His frown carved extra wrinkles into his cheeks. “Thank you, Constable. But I’m thinking more of this lass’s face suddenly being so well known, on account of the YouTube.”
“There’s a video as well?” I said.
“It appeared in the middle of the night.”
“They also posted the picture of me on the page I made for Mary
,” I said, coming clean.
“We’re aware.”
“It showed our address. I took it down.”
“The posting was up long enough, I’m afraid. They could come calling anytime.”
“They’ve had our address for six weeks,” Mom said.
“Oh?”
“Off my phone.”
“They stole your phone?”
“I lent it to them,” she said in a voice so hushed I wondered if she needed to close her eyes.

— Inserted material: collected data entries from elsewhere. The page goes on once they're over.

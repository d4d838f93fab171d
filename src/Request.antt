-- ===== src/Request.antt =====
-- mirdb-server/src/request.rs: the requests of the memcached protocol.
use mirdb.Prelude.{ℕ, Bool, List, Slice}

pub data SetterType : Type 0 where
  set add replace append prepend : SetterType

pub data GetterType : Type 0 where
  get gets : GetterType

-- `setter` has the fields setter, key, flags, ttl, bytes, payload and no_reply.
pub data Request : Type 0 where
  getter : GetterType → List Slice → Request
  setter : SetterType → Slice → ℕ → ℕ → ℕ → Slice → Bool → Request
  deleter : Slice → Bool → Request
  info error major_compaction : Request
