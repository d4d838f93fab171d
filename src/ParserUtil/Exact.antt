-- ===== src/ParserUtil/Exact.antt =====
-- What the parsers of macros.rs return on inputs of a known shape.
use mirdb.Prelude.{
  ℕ, suc, ◌+◌, ◌-◌, ◌≡◌, refl, Bool, true, false, ◌≢◌, none, some, List, [], ◌∷◌, ◌++◌, arith,
  le→leb, ◌==◌, length, All, position, length-append, take-append, drop-append, take-length,
  drop-length, Slice, bytes_eq_refl, ==_refl,
}
use native.Mathlib.Nat.{zero-add}
use native.Mathlib.Numerals.{add-one}
use mirdb.ParserUtil.{
  ok, err, Parser, differs, compare, take_split, split_ok, take_front, contains, is_not, tag,
  find_tag, take_at_least, space, ◌>>=◌, ◌>>◌, opt, alt,
}

pub position-hit {ℓ} :
    {A : Type ℓ} (p : A → Bool) (xs : List A) (y : A) (ys : List A)
    → All (λ x. p x ≡ false) xs
    → p y ≡ true
    → position p (xs ++ y ∷ ys) ≡ some (length xs)
position-hit p [] y ys a h = rw h
position-hit p (x ∷ xs) y ys a h = rw (a.0, position-hit p xs y ys a.1 h)

pub position-miss {ℓ} :
    {A : Type ℓ} (p : A → Bool) (xs : List A) → All (λ x. p x ≡ false) xs → position p xs ≡ none
position-miss p [] a = refl
position-miss p (x ∷ xs) a = rw (a.0, position-miss p xs a.1)

pub take_front-hit :
    (p : ℕ → Bool) (xs : Slice) (y : ℕ) (ys : Slice)
    → xs ≢ []
    → All (λ x. p x ≡ false) xs
    → p y ≡ true
    → take_front (xs ++ y ∷ ys) (position p (xs ++ y ∷ ys)) ≡ ok (y ∷ ys) xs
unfolding take_front take_split
take_front-hit p [] y ys ne a h = absurd (ne refl)
take_front-hit p (x ∷ xs) y ys ne a h =
    rw (position-hit p (x ∷ xs) y ys a h, take-append xs (y ∷ ys), drop-append xs (y ∷ ys))

take_front-All :
    (p : ℕ → Bool) (xs : Slice)
    → All (λ x. p x ≡ false) xs
    → take_front xs (position p xs) ≡ ok [] xs
unfolding take_front take_split
take_front-All p xs a = rw (position-miss p xs a, take-length xs, drop-length xs)

pub is_not-hit :
    (e xs : Slice) (y : ℕ) (ys : Slice)
    → xs ≢ []
    → All (λ x. contains e x ≡ false) xs
    → contains e y ≡ true
    → is_not e (xs ++ y ∷ ys) ≡ ok (y ∷ ys) xs
unfolding is_not
is_not-hit e xs y ys = take_front-hit (contains e) xs y ys

pub is_not-All : (e xs : Slice) → All (λ x. contains e x ≡ false) xs → is_not e xs ≡ ok [] xs
unfolding is_not
is_not-All e xs = take_front-All (contains e) xs

-- One space in front of another byte.
pub space_one : (c : ℕ) (r : Slice) → (c == 32) ≡ false → space (32 ∷ c ∷ r) ≡ ok (c ∷ r) (32 ∷ [])
unfolding space take_front
space_one c r h = rw h

differs-append : (t r : Slice) → differs (t ++ r) t ≡ false
differs-append [] [] = refl
differs-append [] (x ∷ r) = refl
differs-append (b ∷ t) r = rw (==_refl b) (differs-append t r)

pub tag-append : (t r : Slice) → tag t (t ++ r) ≡ ok r t
unfolding tag compare take_split
tag-append t r = rw (
  tag,
  differs-append t r,
  le→leb (length t) (length (t ++ r)) (omega (arith, length-append t r)),
  take-append t r,
  drop-append t r,
)

find_tag-here :
    (rounds : ℕ) (r : Slice) (a : ℕ) (t : Slice)
    → find_tag (suc rounds) ((a ∷ t) ++ r) (a ∷ t) 0 ≡ some 0
unfolding find_tag
find_tag-here rounds r a t = rw (take-append t r, ==_refl a, bytes_eq_refl t)

-- The payload of exactly the announced length, in front of its terminator.
pub take_at_least_exact :
    (p r : Slice) (a : ℕ) (t : Slice)
    → take_at_least (length p) (a ∷ t) (p ++ ((a ∷ t) ++ r)) ≡ ok ((a ∷ t) ++ r) p
unfolding take_at_least take_split
take_at_least_exact p r a t =
    let all : Slice = (a ∷ t) ++ r in
    rw
      (
        take_at_least,
        le→leb (length p) (length (p ++ all)) (omega (arith, length-append p all)),
        drop-append p all,
      )
      (ground (arith, length-append t r, found, split_at_p))
  where
    found : find_tag (length ((a ∷ t) ++ r) - length (a ∷ t) + 1) ((a ∷ t) ++ r) (a ∷ t) 0 ≡ some 0
    found = rw add-one (find_tag-here _ r a t)

    split_at_p : split_ok (take_split (p ++ ((a ∷ t) ++ r)) (0 + length p)) ≡ ok ((a ∷ t) ++ r) p
    split_at_p = rw (zero-add, take-append p ((a ∷ t) ++ r), drop-append p ((a ∷ t) ++ r))

-- A run of a parser that succeeds, and one that fails.
pub record Runs {ℓ} {A : Type ℓ} (p : Parser A) (i rest : Slice) (a : A) : Type ℓ where
  pub eq : p i ≡ ok rest a

pub record Fails {ℓ} {A : Type ℓ} (p : Parser A) (i : Slice) : Type ℓ where
  pub eq : p i ≡ err

-- The steps of `chain!`.
module _ {ℓ κ} {A : Type ℓ} {B : Type κ} {p : Parser A} {i r : Slice} {a : A} where
  pub Runs-bind :
      (f : A → Parser B) {s : Slice} {b : B}
      → Runs p i r a
      → Runs (f a) r s b
      → Runs (p >>= f) i s b
  unfolding ◌>>=◌
  Runs-bind f hp hf = record { eq = rw (hp.eq, ◌>>=◌) hf.eq }

  pub Runs-then :
      {q : Parser B} {s : Slice} {b : B} → Runs p i r a → Runs q r s b → Runs (p >> q) i s b
  unfolding ◌>>◌ ◌>>=◌
  Runs-then hp hq = record { eq = rw (hp.eq, ◌>>◌, ◌>>=◌) hq.eq }

  pub Fails-bind : (f : A → Parser B) → Runs p i r a → Fails (f a) r → Fails (p >>= f) i
  unfolding ◌>>=◌
  Fails-bind f hp hf = record { eq = rw (hp.eq, ◌>>=◌) hf.eq }

  pub Fails-then : {q : Parser B} → Runs p i r a → Fails q r → Fails (p >> q) i
  unfolding ◌>>◌ ◌>>=◌
  Fails-then hp hq = record { eq = rw (hp.eq, ◌>>◌, ◌>>=◌) hq.eq }

pub Runs-alt {ℓ} :
    {A : Type ℓ} {p : Parser A} (q : Parser A) {i rest : Slice} {a : A}
    → Runs p i rest a
    → Runs (alt p q) i rest a
unfolding alt
Runs-alt q h = record { eq = rw (alt, h.eq) }

module _ {ℓ} {A : Type ℓ} {p q : Parser A} {i : Slice} where
  pub Runs-alt_right :
      {rest : Slice} {a : A} → Fails p i → Runs q i rest a → Runs (alt p q) i rest a
  unfolding alt
  Runs-alt_right f h = record { eq = rw (alt, f.eq) h.eq }

  pub Fails-alt : Fails p i → Fails q i → Fails (alt p q) i
  unfolding alt
  Fails-alt f h = record { eq = rw (alt, f.eq) h.eq }

pub Runs-opt {ℓ} :
    {A : Type ℓ} {p : Parser A} {i rest : Slice} {a : A}
    → Runs p i rest a
    → Runs (opt p) i rest (some a)
unfolding opt
Runs-opt h = record { eq = rw (opt, h.eq) }

pub Fails-first {ℓ κ} :
    {A : Type ℓ} {B : Type κ} {p : Parser A} (q : Parser B) {i : Slice}
    → Fails p i
    → Fails (p >> q) i
unfolding ◌>>◌ ◌>>=◌
Fails-first q h = record { eq = rw (h.eq, ◌>>◌, ◌>>=◌) }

“This may be different,” Senior Inspector Kerr said. “The girl your daughter has been trying to contact appears not to be an ordinary sex worker. She might be a favourite of a senior Triad boss. The one time you actually met,” he said to me, “on that beach in the New Territories, did you notice anything different about her?”
“She was the same as the others.”
“No, she wasn’t,” Dad said. “Now that I think about it.”
“Now that you think about it?” Mom said.
“Regardless,” the policeman said, “it’s best to keep a wide distance between yourselves and this particular lady.”
Dad said, “Xixi, how is it that neither you nor Gloria noticed someone trailing behind you with a camera last night?”
“Everyone carries a phone in Hong Kong, usually right in front of their faces. And it was dark, and rainy, and I was scared,” I said, admitting it to myself.
“I blame her amah,” Mom said. “Her former amah.”
“She made a mistake, aye,” Senior Inspector Kerr said. “Lucky for you, nothing terrible happened because of it.” He went on to tell us how “his crowd,” on learning from “the family maid” that the girl in the photo, the one identified only as Mary, might have been in the massage parlour involuntarily, and would be swiftly relocated in the aftermath of our visit, had had no choice but to call in a special tactical unit, one specializing in abductions. How “that crowd” had sprung into action and raided 1303 Portland Street earlier today but found nothing incriminating, including any prostitute matching the photograph or answering to the name. And how, in consequence, my circumstance as a “well-meaning but muddled, misguided wee lassie” had deteriorated to such an extent that my security in Hong Kong could no longer be guaranteed. As such, my departure for a safer locale should be imminent, and be preceded by what amounted to temporary incarceration right here on Old Peak Road. “Quite the posh address,” he added for no obvious reason.